## TASK INSTRUCTIONS
Take the entries below and print, exactly, the stretch from the line containing "unfoldable pub order_by" through the line containing "abbrev pub effect_of", both included.

[Items listed in a dataset]
──────────

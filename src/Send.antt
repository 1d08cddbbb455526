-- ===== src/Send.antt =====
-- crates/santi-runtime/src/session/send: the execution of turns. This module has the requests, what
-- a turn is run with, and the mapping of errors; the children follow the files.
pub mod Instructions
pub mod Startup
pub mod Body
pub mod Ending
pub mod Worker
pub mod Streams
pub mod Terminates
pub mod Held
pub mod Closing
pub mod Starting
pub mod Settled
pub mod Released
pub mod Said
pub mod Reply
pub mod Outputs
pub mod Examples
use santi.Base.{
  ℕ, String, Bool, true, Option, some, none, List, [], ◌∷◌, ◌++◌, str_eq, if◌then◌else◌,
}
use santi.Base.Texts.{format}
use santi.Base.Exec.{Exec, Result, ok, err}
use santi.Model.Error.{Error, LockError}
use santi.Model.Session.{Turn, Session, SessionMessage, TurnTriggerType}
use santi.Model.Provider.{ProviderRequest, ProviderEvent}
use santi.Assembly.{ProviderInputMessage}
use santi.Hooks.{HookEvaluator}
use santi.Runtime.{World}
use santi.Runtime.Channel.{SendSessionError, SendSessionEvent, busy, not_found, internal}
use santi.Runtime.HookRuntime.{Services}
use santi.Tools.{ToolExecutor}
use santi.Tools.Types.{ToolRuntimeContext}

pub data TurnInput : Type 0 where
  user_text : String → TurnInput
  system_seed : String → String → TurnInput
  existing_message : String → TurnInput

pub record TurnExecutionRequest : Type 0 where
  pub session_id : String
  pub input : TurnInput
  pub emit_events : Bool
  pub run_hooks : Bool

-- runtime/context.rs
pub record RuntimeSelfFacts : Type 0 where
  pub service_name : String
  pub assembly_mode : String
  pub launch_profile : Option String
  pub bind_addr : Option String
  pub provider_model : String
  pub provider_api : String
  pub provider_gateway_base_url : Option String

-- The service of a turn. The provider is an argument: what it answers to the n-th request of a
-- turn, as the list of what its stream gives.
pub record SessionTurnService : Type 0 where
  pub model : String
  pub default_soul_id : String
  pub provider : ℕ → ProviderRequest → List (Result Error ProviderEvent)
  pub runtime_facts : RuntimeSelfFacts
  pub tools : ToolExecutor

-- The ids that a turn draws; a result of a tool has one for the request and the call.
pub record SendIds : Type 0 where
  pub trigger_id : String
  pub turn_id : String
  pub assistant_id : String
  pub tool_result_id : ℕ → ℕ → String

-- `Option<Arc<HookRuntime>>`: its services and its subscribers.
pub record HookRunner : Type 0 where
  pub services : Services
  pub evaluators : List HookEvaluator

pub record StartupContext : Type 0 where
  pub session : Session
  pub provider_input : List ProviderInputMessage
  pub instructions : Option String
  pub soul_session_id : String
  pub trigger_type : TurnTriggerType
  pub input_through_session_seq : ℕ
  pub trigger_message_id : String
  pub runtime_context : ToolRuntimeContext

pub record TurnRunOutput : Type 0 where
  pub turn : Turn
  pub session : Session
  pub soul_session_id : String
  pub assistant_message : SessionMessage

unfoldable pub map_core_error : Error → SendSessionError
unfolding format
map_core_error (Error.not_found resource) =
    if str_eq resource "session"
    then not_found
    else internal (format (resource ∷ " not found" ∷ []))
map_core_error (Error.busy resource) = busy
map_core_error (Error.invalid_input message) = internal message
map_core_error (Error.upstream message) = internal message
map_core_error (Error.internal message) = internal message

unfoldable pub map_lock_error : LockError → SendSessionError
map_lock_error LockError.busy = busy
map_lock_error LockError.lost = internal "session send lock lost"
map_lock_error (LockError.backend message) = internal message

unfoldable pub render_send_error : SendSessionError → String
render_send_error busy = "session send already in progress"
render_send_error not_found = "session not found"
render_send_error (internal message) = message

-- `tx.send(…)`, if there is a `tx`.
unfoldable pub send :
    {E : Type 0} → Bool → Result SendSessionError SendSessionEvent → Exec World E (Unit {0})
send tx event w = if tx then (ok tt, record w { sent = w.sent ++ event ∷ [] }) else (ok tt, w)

──────────

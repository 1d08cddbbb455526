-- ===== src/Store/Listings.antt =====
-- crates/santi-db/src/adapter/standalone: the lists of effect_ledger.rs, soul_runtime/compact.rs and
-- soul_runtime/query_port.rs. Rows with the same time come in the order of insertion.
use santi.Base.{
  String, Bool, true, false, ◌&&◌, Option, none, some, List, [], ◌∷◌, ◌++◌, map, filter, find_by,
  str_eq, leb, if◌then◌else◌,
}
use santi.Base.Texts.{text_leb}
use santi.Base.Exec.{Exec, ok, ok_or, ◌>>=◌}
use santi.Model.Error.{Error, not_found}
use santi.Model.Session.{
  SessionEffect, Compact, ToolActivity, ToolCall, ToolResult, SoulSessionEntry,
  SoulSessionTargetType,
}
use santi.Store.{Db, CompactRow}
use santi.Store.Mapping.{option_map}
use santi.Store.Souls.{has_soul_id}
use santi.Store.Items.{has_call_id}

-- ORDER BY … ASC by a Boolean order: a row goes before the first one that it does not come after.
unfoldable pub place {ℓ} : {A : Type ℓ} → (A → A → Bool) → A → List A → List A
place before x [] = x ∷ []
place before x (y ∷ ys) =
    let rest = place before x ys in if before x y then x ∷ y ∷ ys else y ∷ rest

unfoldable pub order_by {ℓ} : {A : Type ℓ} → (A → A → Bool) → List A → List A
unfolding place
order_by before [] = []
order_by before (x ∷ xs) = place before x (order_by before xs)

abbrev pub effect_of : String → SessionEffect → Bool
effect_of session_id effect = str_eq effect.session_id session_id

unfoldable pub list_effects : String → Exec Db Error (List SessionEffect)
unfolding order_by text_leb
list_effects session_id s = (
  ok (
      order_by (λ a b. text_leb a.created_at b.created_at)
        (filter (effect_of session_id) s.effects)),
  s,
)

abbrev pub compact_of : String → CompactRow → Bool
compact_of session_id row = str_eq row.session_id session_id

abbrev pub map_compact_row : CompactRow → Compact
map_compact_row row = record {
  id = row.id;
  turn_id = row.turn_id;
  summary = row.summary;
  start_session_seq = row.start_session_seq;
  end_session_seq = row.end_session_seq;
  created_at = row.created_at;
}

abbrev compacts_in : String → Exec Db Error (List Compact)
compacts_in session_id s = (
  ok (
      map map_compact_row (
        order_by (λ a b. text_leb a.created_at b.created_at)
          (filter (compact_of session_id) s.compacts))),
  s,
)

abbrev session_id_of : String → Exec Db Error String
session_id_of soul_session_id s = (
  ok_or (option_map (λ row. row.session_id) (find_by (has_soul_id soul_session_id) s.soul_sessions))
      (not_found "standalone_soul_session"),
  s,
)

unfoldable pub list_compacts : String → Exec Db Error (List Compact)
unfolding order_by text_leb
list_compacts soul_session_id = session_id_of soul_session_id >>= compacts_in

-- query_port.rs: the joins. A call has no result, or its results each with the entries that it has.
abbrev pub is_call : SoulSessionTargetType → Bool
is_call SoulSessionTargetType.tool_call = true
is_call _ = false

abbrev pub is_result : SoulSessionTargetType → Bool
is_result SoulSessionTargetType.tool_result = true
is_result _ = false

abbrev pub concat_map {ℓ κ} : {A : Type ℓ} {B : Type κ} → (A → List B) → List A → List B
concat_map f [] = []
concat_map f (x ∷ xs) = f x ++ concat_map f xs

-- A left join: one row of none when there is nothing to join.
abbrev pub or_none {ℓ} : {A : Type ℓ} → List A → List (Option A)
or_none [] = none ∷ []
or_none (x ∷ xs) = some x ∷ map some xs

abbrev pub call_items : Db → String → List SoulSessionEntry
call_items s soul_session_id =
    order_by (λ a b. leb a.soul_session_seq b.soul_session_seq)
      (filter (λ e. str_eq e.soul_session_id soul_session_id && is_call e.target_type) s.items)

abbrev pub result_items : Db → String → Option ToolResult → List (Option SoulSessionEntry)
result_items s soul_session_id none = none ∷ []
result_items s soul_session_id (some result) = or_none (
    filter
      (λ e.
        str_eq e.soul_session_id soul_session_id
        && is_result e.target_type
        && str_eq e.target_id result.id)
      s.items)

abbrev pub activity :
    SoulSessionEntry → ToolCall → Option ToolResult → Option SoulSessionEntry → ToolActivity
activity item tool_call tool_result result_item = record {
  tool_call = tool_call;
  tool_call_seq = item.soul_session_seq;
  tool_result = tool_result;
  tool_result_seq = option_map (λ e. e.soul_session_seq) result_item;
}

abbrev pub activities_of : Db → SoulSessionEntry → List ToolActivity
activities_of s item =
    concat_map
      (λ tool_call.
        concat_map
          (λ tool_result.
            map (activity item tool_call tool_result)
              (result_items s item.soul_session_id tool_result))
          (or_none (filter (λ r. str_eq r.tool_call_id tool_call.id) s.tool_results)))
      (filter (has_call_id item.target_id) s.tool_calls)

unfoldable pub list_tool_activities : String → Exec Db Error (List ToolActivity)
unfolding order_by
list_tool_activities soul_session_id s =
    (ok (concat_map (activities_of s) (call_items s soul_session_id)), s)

──────────

## ANSWER TO THIS PROBLEM
unfoldable pub order_by {ℓ} : {A : Type ℓ} → (A → A → Bool) → List A → List A
unfolding place
order_by before [] = []
order_by before (x ∷ xs) = place before x (order_by before xs)

abbrev pub effect_of : String → SessionEffect → Bool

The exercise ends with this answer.